So today I have found myself pulled between a few different 'places.' One is falling apart into complete panic which makes me want to curl up in a ball under the covers, another is trying to learn everything about the 'what-ifs' in hopes of somehow becoming ok with them but honestly there is just no way to become ok with anything we have heard. Then, I look at our little girl, get absorbed in her megawatt smile, fill my ears with her bellylaugh and get overwhelmed with grief at some of those possibilities. It is an overwhelming mixture of joy and fear, how can those intermingle to the point where it is hard to tell one from the other. I just want to memorize her, every curve of her cheek, glint in her eyes, sound of her sweet gravelly voice.
Tonight Doug brought home dinner and drove us out to the mountains (we live very close to them) and we had a picnic by a creek surrounded by trees all yellow and orange with Fall. As I sat there looking up to the sky, I found myself begging God again. To hold her heart again, to sustain it again, to carry us again. As I looked up at those frail leaves about to fall, this is what I heard the Lord whisper to my heart
"Therefore, since we are surrounded by such a great cloud of witnesses, let us throw off everything that hinders and the sin that so easily entangles, and let us run with perseverance the race marked out for us. Let us fix our eyes on Jesus, the author and perfecter of our faith, who for the joy set before him endured the cross, scorning its shame, and sat down at the right hand of the throne of God. Consider him who endured such opposition from sinful men, so that you will not grow weary and lose heart."

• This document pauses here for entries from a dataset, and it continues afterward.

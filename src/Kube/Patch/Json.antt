-- ===== src/Kube/Patch/Json.antt =====
-- What a reader of JSON makes of a text that the program quoted with `%q`.
use Prim.Native.Char.{Char, char, code, IsScalar}
use Prim.Native.String.{[], ◌∷◌}
use mathlib.Core.Path.{subst}
use text.Mathlib.TextEquality.{Char-path}
use text.Mathlib.TextLemmas.{nil-append, cons-append}
use deploy_gateway.Base.{
  ℕ, zero, suc, ◌/◌, ◌%◌, String, ◌<>◌, ◌≡◌, refl, sym, ap, ◌∙◌, inl, inr, ◌⊎◌, Bool, true, false,
  ◌||◌, ◌&&◌, not, Option, none, some, eqb, ltb, arith, if◌then◌else◌,
}
use deploy_gateway.Base.Text.{
  quote, quote_onto, escaped_onto, control_onto, code_onto, hex_onto, hex, printable, short_escape,
}

-- The character of an escape of two characters (RFC 8259); `\u` is not read.
unescape : ℕ → Option Char
unescape n =
    if eqb n 34
    then some (char 34 tt)
    else if eqb n 92
    then some (char 92 tt)
    else if eqb n 47
    then some (char 47 tt)
    else if eqb n 98
    then some (char 8 tt)
    else if eqb n 102
    then some (char 12 tt)
    else if eqb n 110
    then some (char 10 tt)
    else if eqb n 114
    then some (char 13 tt)
    else if eqb n 116
    then some (char 9 tt)
    else none

push : Char → Option (String × String) → Option (String × String)
push c none = none
push c (some (s, rest)) = some (c ∷ s, rest)

-- Behind the opening quote, or, if the flag is set, behind a backslash: the text up to the closing
-- quote, and what follows it.
read_string : Bool → String → Option (String × String)
unfolding unescape push
read_string escaped [] = none
read_string true (c ∷ s) =
    let rest = read_string false s in
    elim (unescape (code c)) [ none ↦ none | some x ↦ push x rest ]
read_string false (c ∷ s) =
    let rest = read_string (eqb (code c) 92) s in
    if eqb (code c) 34
    then some ("", s)
    else if eqb (code c) 92
    then rest
    else if ltb (code c) 32
    then none
    else push c rest

-- A JSON text: what it says, and what follows it.
pub read_json : String → Option (String × String)
unfolding read_string
read_json [] = none
read_json (c ∷ s) = let rest = read_string false s in if eqb (code c) 34 then rest else none

-- `%q` writes the character as it is, for it is printable, or by an escape that JSON has too. The others
-- it writes as `\a`, `\v`, `\x`, or by the number, in which a reader of JSON finds other escapes.
abbrev pub has_json_escape : (ℕ → Bool) → Char → Bool
has_json_escape is_print c =
    printable is_print (code c) || (ltb 7 (code c) && ltb (code c) 14 && not (eqb (code c) 11))

abbrev pub is_json_text : (ℕ → Bool) → String → Bool
is_json_text is_print [] = true
is_json_text is_print (c ∷ s) = has_json_escape is_print c && is_json_text is_print s

and-true : (a b : Bool) → (a && b) ≡ true → (a ≡ true) × (b ≡ true)
and-true true b h = (refl, h)
and-true false b h = cc

abbrev Reads : (ℕ → Bool) → Char → String → Type 0
Reads is_print c t =
    read_string false (escaped_onto is_print (short_escape (code c)) c t)
    ≡ push c (read_string false t)

-- A character that is known by its code.
by_code :
    (is_print : ℕ → Bool) (n : ℕ) (p : IsScalar n) (c : Char) (t : String)
    → Reads is_print (char n p) t
    → code c ≡ n
    → Reads is_print c t
by_code is_print n p c t h e = subst (λ x. Reads is_print x t) (sym (Char-path c (char n p) e)) h

abbrev IsShort : ℕ → Type 0
IsShort n = (n ≡ 34) ⊎ ((n ≡ 92) ⊎ ((n ≡ 8) ⊎ ((n ≡ 9) ⊎ ((n ≡ 10) ⊎ ((n ≡ 12) ⊎ (n ≡ 13))))))

Reads-short : (is_print : ℕ → Bool) (c : Char) (t : String) → IsShort (code c) → Reads is_print c t
unfolding read_string escaped_onto short_escape unescape push
Reads-short is_print c t (inl e) = by_code is_print 34 tt c t refl e
Reads-short is_print c t (inr (inl e)) = by_code is_print 92 tt c t refl e
Reads-short is_print c t (inr (inr (inl e))) = by_code is_print 8 tt c t refl e
Reads-short is_print c t (inr (inr (inr (inl e)))) = by_code is_print 9 tt c t refl e
Reads-short is_print c t (inr (inr (inr (inr (inl e))))) = by_code is_print 10 tt c t refl e
Reads-short is_print c t (inr (inr (inr (inr (inr (inl e)))))) = by_code is_print 12 tt c t refl e
Reads-short is_print c t (inr (inr (inr (inr (inr (inr e)))))) = by_code is_print 13 tt c t refl e

IsShort-or_plain :
    (is_print : ℕ → Bool) (c : Char)
    → has_json_escape is_print c ≡ true
    → IsShort (code c)
      ⊎ ((short_escape (code c) ≡ none)
          × (printable is_print (code c) ≡ true)
          × (ltb (code c) 32 ≡ false)
          × (eqb (code c) 34 ≡ false)
          × (eqb (code c) 92 ≡ false))
unfolding short_escape
IsShort-or_plain is_print c h = ground arith

escaped_onto-plain :
    (is_print : ℕ → Bool) (c : Char) (t : String)
    → printable is_print (code c) ≡ true
    → escaped_onto is_print none c t ≡ c ∷ t
unfolding escaped_onto control_onto
escaped_onto-plain is_print c t shown = rw shown refl

read_string-plain :
    (c : Char) (t : String)
    → eqb (code c) 34 ≡ false
    → eqb (code c) 92 ≡ false
    → ltb (code c) 32 ≡ false
    → read_string false (c ∷ t) ≡ push c (read_string false t)
unfolding read_string
read_string-plain c t mark slash low = rw (mark, slash, low) refl

read_string-escaped_onto :
    (is_print : ℕ → Bool) (c : Char) (t : String)
    → has_json_escape is_print c ≡ true
    → Reads is_print c t
read_string-escaped_onto is_print c t h = elim (IsShort-or_plain is_print c h) [
  | inl short ↦ Reads-short is_print c t short
  | inr (plain, shown, low, mark, slash) ↦
      ap (λ o. read_string false (escaped_onto is_print o c t)) plain
      ∙ ap (read_string false) (escaped_onto-plain is_print c t shown)
      ∙ read_string-plain c t mark slash low
]

read_string-quote_onto :
    (is_print : ℕ → Bool) (s t : String)
    → is_json_text is_print s ≡ true
    → read_string false (quote_onto is_print s (char 34 tt ∷ t)) ≡ some (s, t)
unfolding quote_onto read_string push
read_string-quote_onto is_print [] t h = refl
read_string-quote_onto is_print (c ∷ s) t h =
    let (e, rest) = and-true (has_json_escape is_print c) (is_json_text is_print s) h in
    read_string-escaped_onto is_print c _ e ∙ ap (push c) (read_string-quote_onto is_print s t rest)

hex_onto-append :
    (digits n : ℕ) (t u : String) → hex_onto digits n t <> u ≡ hex_onto digits n (t <> u)
unfolding hex_onto
hex_onto-append zero n t u = refl
hex_onto-append (suc digits) n t u =
    hex_onto-append digits (n / 16) (hex (n % 16) ∷ t) u
    ∙ ap (hex_onto digits (n / 16)) (cons-append _ _ _)

code_onto-append : (n : ℕ) (t u : String) → code_onto n t <> u ≡ code_onto n (t <> u)
unfolding code_onto
code_onto-append n t u = by_size (ltb n 128) (ltb n 65536)
  where
    escaped :
        (x : Char) (digits : ℕ)
        → (char 92 tt ∷ (x ∷ hex_onto digits n t)) <> u
          ≡ char 92 tt ∷ (x ∷ hex_onto digits n (t <> u))
    escaped x digits =
        cons-append _ _ _
        ∙ ap (λ (v : String). char 92 tt ∷ v)
            (cons-append _ _ _ ∙ ap (λ (v : String). x ∷ v) (hex_onto-append digits n t u))

    by_size :
        (a b : Bool)
        → (if a
              then char 92 tt ∷ (char 120 tt ∷ hex_onto 2 n t)
              else if b
              then char 92 tt ∷ (char 117 tt ∷ hex_onto 4 n t)
              else char 92 tt ∷ (char 85 tt ∷ hex_onto 8 n t))
            <> u
          ≡ (if a
              then char 92 tt ∷ (char 120 tt ∷ hex_onto 2 n (t <> u))
              else if b
              then char 92 tt ∷ (char 117 tt ∷ hex_onto 4 n (t <> u))
              else char 92 tt ∷ (char 85 tt ∷ hex_onto 8 n (t <> u)))
    by_size true b = escaped (char 120 tt) 2
    by_size false true = escaped (char 117 tt) 4
    by_size false false = escaped (char 85 tt) 8

escaped_onto-append :
    (is_print : ℕ → Bool) (o : Option Char) (c : Char) (t u : String)
    → escaped_onto is_print o c t <> u ≡ escaped_onto is_print o c (t <> u)
unfolding escaped_onto control_onto
escaped_onto-append is_print none c t u = control_onto-append (printable is_print (code c))
  where
    control_onto-append : (b : Bool) → control_onto b c t <> u ≡ control_onto b c (t <> u)
    control_onto-append true = rw cons-append refl
    control_onto-append false = code_onto-append (code c) t u
escaped_onto-append is_print (some x) c t u = rw cons-append (rw cons-append refl)

quote_onto-append :
    (is_print : ℕ → Bool) (s t u : String)
    → quote_onto is_print s t <> u ≡ quote_onto is_print s (t <> u)
unfolding quote_onto
quote_onto-append is_print [] t u = refl
quote_onto-append is_print (c ∷ s) t u =
    escaped_onto-append is_print (short_escape (code c)) c (quote_onto is_print s t) u
    ∙ ap (escaped_onto is_print (short_escape (code c)) c) (quote_onto-append is_print s t u)

-- A reader of JSON reads what `%q` wrote, and goes on behind it, if JSON has the escapes.
pub read_json-quote :
    (is_print : ℕ → Bool) (s t : String)
    → is_json_text is_print s ≡ true
    → read_json (quote is_print s <> t) ≡ some (s, t)
unfolding read_json quote
read_json-quote is_print s t h =
    rw (cons-append, quote_onto-append is_print s "\"" t, cons-append, nil-append)
      (read_string-quote_onto is_print s t h)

Truthfully all of the other places that I have swung to today have left tired and scared. I have to look at them, need to dabble in them but they are not where we are supposed to reside. I the midst of the storm, the fear, the uncertainty our eyes are supposed to be fixed on Jesus. It is the ONLY way that I can put one foot infront of the other in this thing, the ONLY way that I have hope of making it through this part of the race. I cannot grieve enough to come to peace with it, I cannot learn enough to put the fears aside and I cannot soak up enough of Georgia to ever make it enough. The only for sure constant is the Lord who promises these things (along with some pictures I took today):
For I know the plans I have for you," declares the LORD, "plans to prosper you and not to harm you, plans to give you hope and a future.
Let us then fearlessly and confidently and boldly draw near to the throne of grace (the throne of God's unmerited favor to us sinners), that we may receive mercy and find grace to help in good time for every need.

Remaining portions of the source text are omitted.